The Hasselblad is slow to use. Each shot requires more deliberate preparation than a 35mm camera. You advance the film, cock the shutter, compose, focus, check the exposure, and shoot. There's no motor drive, no auto exposure, no shortcuts. This slowness is a feature for landscape work -- it forces you to be deliberate.

The Pentax 67

The Pentax 67 is the camera I use when I want the largest possible negative. The 6x7 format is enormous -- 4.5 times the area of 35mm. The SMC 105mm f/2.4 is one of the best portrait lenses ever made, and it's also excellent for landscapes.

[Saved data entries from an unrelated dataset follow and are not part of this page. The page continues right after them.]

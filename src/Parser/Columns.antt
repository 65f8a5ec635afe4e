-- ===== src/Parser/Columns.antt =====
-- The columns of a CREATE TABLE have their names, and the key that is found is one of these:
-- komfydb/parser.cc.
use mathlib.Core.Path.{subst}
use komfy_db.Base.{
  ℕ, suc, ◌≡◌, ◌⊎◌, inl, inr, refl, sym, ap, ◌∙◌, true, false, List, [], ◌∷◌, Bytes, map,
  if◌then◌else◌, Bool,
}
use komfy_db.Base.Int.{pos}
use komfy_db.Base.Status.{ok, >>=-eq-ok, ok-injective}
use komfy_db.Common.TupleDesc.{TdItem, get_field_name}
use komfy_db.Parser.Statement.{ColumnDefinition, column_type, parse_columns, or_first}

-- Some column has the name.
abbrev pub Names : List TdItem → Bytes → Type 0
Names items key = (j : ℕ) × (get_field_name (record { items = items }) (pos j) ≡ ok key)

abbrev pub names : List TdItem → List Bytes
names items = map (λ (i : TdItem). i.field_name) items

Names-later :
    (item : TdItem) (items : List TdItem) (key : Bytes) → Names items key → Names (item ∷ items) key
unfolding get_field_name
Names-later item items key (j, h) = (suc j, h)

-- the key that was given, or the name of a column
abbrev pub Found : List TdItem → Bytes → Bytes → Type 0
Found items given key = (key ≡ given) ⊎ Names items key

pub parse_columns-Found :
    (defs : List ColumnDefinition) (given : Bytes) (r : List TdItem × Bytes)
    → parse_columns defs given ≡ ok r
    → (names r.0 ≡ map (λ (d : ColumnDefinition). d.name) defs) × Found r.0 given r.1
unfolding parse_columns get_field_name
parse_columns-Found [] given r e =
    subst (λ (r : List TdItem × Bytes). (names r.0 ≡ []) × Found r.0 given r.1) (ok-injective e)
      (refl, inl refl)
parse_columns-Found (d ∷ defs) given r e =
    let (t, et, e') = >>=-eq-ok (column_type d.data_type) _ e in
    let key = if d.primary_key then d.name else given in
    let (inner, ei, e'') =
      >>=-eq-ok (parse_columns defs key)
        (λ s. ok (record { field_type = t; field_name = d.name } ∷ s.0, s.1)) e' in
    let (same, found) = parse_columns-Found defs key inner ei in
    subst
      (λ (r : List TdItem × Bytes).
        (names r.0 ≡ map (λ (d : ColumnDefinition). d.name) (d ∷ defs)) × Found r.0 given r.1)
      (ok-injective e'')
      (
        ap (λ ns. d.name ∷ ns) same,
        here (record { field_type = t; field_name = d.name }) refl inner found,
      )
  where
    by_constraint :
        (item : TdItem)
        → item.field_name ≡ d.name
        → (items : List TdItem) (k : Bytes) (b : Bool) → k ≡ (if b then d.name else given)
        → Found (item ∷ items) given k
    by_constraint item n items k true h = inr (0, ap ok (n ∙ sym h))
    by_constraint item n items k false h = inl h

    here :
        (item : TdItem)
        → item.field_name ≡ d.name
        → (s : List TdItem × Bytes) → Found s.0 (if d.primary_key then d.name else given) s.1
        → Found (item ∷ s.0) given s.1
    here item n s (inl h) = by_constraint item n s.0 s.1 d.primary_key h
    here item n s (inr h) = inr (Names-later item s.0 s.1 h)

pub or_first-Names :
    (key : Bytes) (items : List TdItem) (primary_key : Bytes)
    → Found items [] key
    → or_first key items ≡ ok primary_key
    → Names items primary_key
unfolding get_field_name
or_first-Names (b ∷ bs) items k (inl h) e = cc
or_first-Names (b ∷ bs) items k (inr h) e = subst (Names items) (ok-injective e) h
or_first-Names [] [] k h e = cc
or_first-Names [] (item ∷ items) k h e = (0, e)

The Pentax 67 weighs 1.5 kilograms with the 105mm lens. It's not a camera you carry casually. In Florida, where I sometimes hike to reach good locations, the weight matters. I use a dedicated camera bag for the Pentax 67 and a tripod.

The mirror slap on the Pentax 67 is significant. At handheld speeds between 1/15 and 1/125, the mirror vibration can cause blur. On a tripod with mirror lock-up, it's not a problem. I always use a tripod with the Pentax 67.

Florida landscapes in medium format

The Everglades in early morning. The Florida Keys at sunset. Canaveral National Seashore on an overcast day. These are the locations where medium format makes the most difference. The detail in the vegetation, the water, the sky -- it's a different quality from 35mm.

The light in Florida is high-contrast. Medium format film with good latitude -- Portra 400, Ektar 100 -- handles this better than 35mm film at the same print size. The larger negative captures more tonal information.

I use Portra 400 for most medium format work in Florida. Ektar 100 for bright-light landscape work where I want maximum sharpness and saturation. HP5 for black and white. The medium format negative of HP5 stand-developed in Rodinal 1:100 is one of the best combinations I've found for Florida landscapes.

What I gave up

Medium format is slower, heavier, and more expensive than 35mm. A roll of 120 film gives you 12 exposures on 6x6 or 10 on 6x7. A roll of 35mm gives you 36. The cost per exposure is higher.

The cameras are heavier and bulkier. The Hasselblad 500C/M with a lens weighs about 1.2 kilograms. The Pentax 67 with the 105mm lens weighs 1.5 kilograms. Neither is a camera you carry casually.

For street photography and travel, I still use 35mm. The Leica M3 or M6 with a 50mm lens is the right tool for that work. Medium format is for when I'm going somewhere specifically to make photographs and I have time to be deliberate.